# Arbeitsspeicher Problem



## huwi (22. Juli 2007)

HI Leute.

Hab folgendes Problem:
Habe folgenden Arbeitsspeicher drin:
- 1024 MB DDR 400Mhz
-   128 MB DDR 266Mhz

Jetzt hat mir ein Kollege gesagt ich soll den kleinen besser rausnehmen, weil dieser den großen ausbremsen würde.

Nun das Problem:
Nach dem entfernen des 128 MB Sticks stürtzt der PC schon beim booten ab. Ich sehe garkein Windows ladebildschirm.
Manchmal kommt eine Meldung
Try to network boot first, the other devices.
Drücke ich dann Enter kommt dadrauf eine Fehlermeldung mit missmatch. 
Versuche ich ins Bios zu kommen kommt ein seltsamer bildschirm, der in ganz viele quadrate eingeteilt ist, wo in jedem ein anderes symbol ist.
Nur einmal hat der PC es geschafft zu booten. 
Dann kam in widows die meldung regestrierungs sicherheitskopie wurde genutzt und fehler wurden erfolgreich behoben....Dann ging der PC plötzlich aus und ließ sich erst nach dem Ausstecken des Netzteils neustarten.

Stecke ich nun den alten Arbeitsspeicher wieder hinzu funkt alles sofort wieder fehlerfrei! 

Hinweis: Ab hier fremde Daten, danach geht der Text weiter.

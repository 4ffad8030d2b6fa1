-- ===== src/Stat/Tests.antt =====
-- A directory on Linux, and a file on Windows of which only the archive attribute is set.
use libyaooi.Prelude.{◌^◌, ◌<◌, ◌≡◌, some, arith}
use libyaooi.Prelude.Int.{pos}
use libyaooi.Errno.{Code}
use libyaooi.Socket.{done}
use libyaooi.Time.{Time}
use libyaooi.Stat.{Stat, fifo}
use libyaooi.Stat.Unix as Unix
use libyaooi.Stat.Windows.{Info}
use libyaooi.Stat.Formats.{Formatted, conv_stat-Formatted}

abbrev epoch : Time
epoch = record { sec = pos 0; nsec = 0 }

-- 0040755
abbrev directory_stat : Unix.OsStat
directory_stat = record {
  st_mode = 16877;
  st_uid = 0;
  st_gid = 0;
  st_atim = epoch;
  st_ctim = epoch;
  st_mtim = epoch;
  st_size = 4096;
  st_ino = 2;
  st_nlink = 3;
  st_blksize = 512;
}

abbrev old : Stat
old = record {
  type = some fifo;
  mode = 0;
  gid = 0;
  uid = 0;
  atime = epoch;
  mtime = epoch;
  ctime = epoch;
  size = 0;
  blksize = 0;
  inode = 0;
  links = 0;
}

conv_stat-Formatted_example :
    ((Unix.stat (done directory_stat) old).0 ≡ some Code.ok)
    × ((Unix.stat (done directory_stat) old).1.mode < 2 ^ 12)
    × Formatted directory_stat.st_mode
        (Unix.stat (done directory_stat) old).1.type
        (Unix.stat (done directory_stat) old).1.mode
conv_stat-Formatted_example = conv_stat-Formatted directory_stat old (omega arith)

abbrev archived : Info
archived = record {
  attributes = 32;
  creation = 0;
  last_access = 0;
  last_write = 0;
  size_high = 1;
  size_low = 5;
  links = 1;
  index_high = 0;
  index_low = 9;
}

Meins Mainboard ist das MSI K8T-Neo V  und der Arbeitsspeicher wird unterstützt....

was nun .............. NEED HELP!


----------



## Dr Dau (22. Juli 2007)

Hallo!





huwi hat gesagt.:


> Jetzt hat mir ein Kollege gesagt ich soll den kleinen besser rausnehmen, weil dieser den großen ausbremsen würde.

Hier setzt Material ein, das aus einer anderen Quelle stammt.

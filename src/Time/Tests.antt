-- ===== src/Time/Tests.antt =====
-- Runs of `Time`, and its theorems at concrete times.
use libyaooi.Prelude.{◌≡◌, ◌≢◌, ◌↔◌, refl, ◌+◌, arith}
use libyaooi.Prelude.Int.{pos, negsuc, ◌-ℤ◌, ◌+ℤ◌, ◌*ℤ◌}
use libyaooi.Time.{Time, giga, timeadd, timesub, timems}
use libyaooi.Time.Laws.{IsNormal, timeadd-IsNormal}

abbrev early : Time
early = record { sec = pos 3; nsec = 700000000 }

abbrev late : Time
late = record { sec = pos 9; nsec = 400000000 }

sum_run : timeadd early late ≡ record { sec = pos 13; nsec = 100000000 }
unfolding timeadd ◌+ℤ◌
sum_run = refl

difference_run : timesub early late ≡ record { sec = negsuc 5; nsec = 300000000 }
unfolding timesub ◌-ℤ◌ ◌+ℤ◌
difference_run = refl

-- 0.5 s and 0.5 s make 0 s and 1000000000 ns.
half_and_half :
    let half : Time = record { sec = pos 0; nsec = 500000000 } in
    timeadd half half ≡ record { sec = pos 0; nsec = giga }
unfolding timeadd ◌+ℤ◌
half_and_half = refl

milliseconds_run : timems early ≡ pos 3700
unfolding timems ◌*ℤ◌ ◌+ℤ◌
milliseconds_run = refl

timeadd-IsNormal_example : IsNormal (timeadd early late) ↔ (700000000 + 400000000 ≢ giga)
timeadd-IsNormal_example = timeadd-IsNormal early late (omega arith) (omega arith)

Prinzipiell hat er recht, denn der FSB orientiert sich an dem langsameren Speicher.
Das heisst dass nicht nur Dein grosser Speicher mit 266Mhz läuft, sondern auch die CPU.
Im schlimmsten Fall bremst der kleine Speicher also das gesamte System aus.

Hast Du mal ausprobiert was passiert wenn Du den grossen Speicher in eine andere Bank steckst?

Gruss Dr Dau


----------



## huwi (23. Juli 2007)

ja hab ich schon versucht....

Leider das gleiche Problem......

hab sowas noch nie gehabt


----------



## berndf78 (24. Juli 2007)

Hallo!

Hatte das selbe Problem mit einem alten Rechner!

Probier mal folgendes:

Nur den 1024MB Speicher drin lassen, Rechner vom Strom trennen, Motherbordbatterie rausnehmen (ca. 20min.)--> dadurch löschst du die Bioseinstellungen, Batterie wieder rein, Rechner starten, ins Bios gehen und schaun ob er alles Richtig erkannt hat!

Dann Windows starten!

So hat's bei mir Funktioniert, war allerdings bei einem alten Celeron mit 133Mhz FSB!

Viel Glück

mfg Bernd


----------



## huwi (24. Juli 2007)

lol....aber ok...

versuche ich heute abend mal.....nen versuch ist es ja mal wert^^


----------



## huwi (24. Juli 2007)

So habe ich nun gemacht...

und sensationell: Mein Rechner macht keine Probleme (bisher  )

Also nochmals Danke an euch beiden, das ihr mir geholfen habt 
^^ ^^ ^^ ^^ ^^ 


MFG

HUWI


----------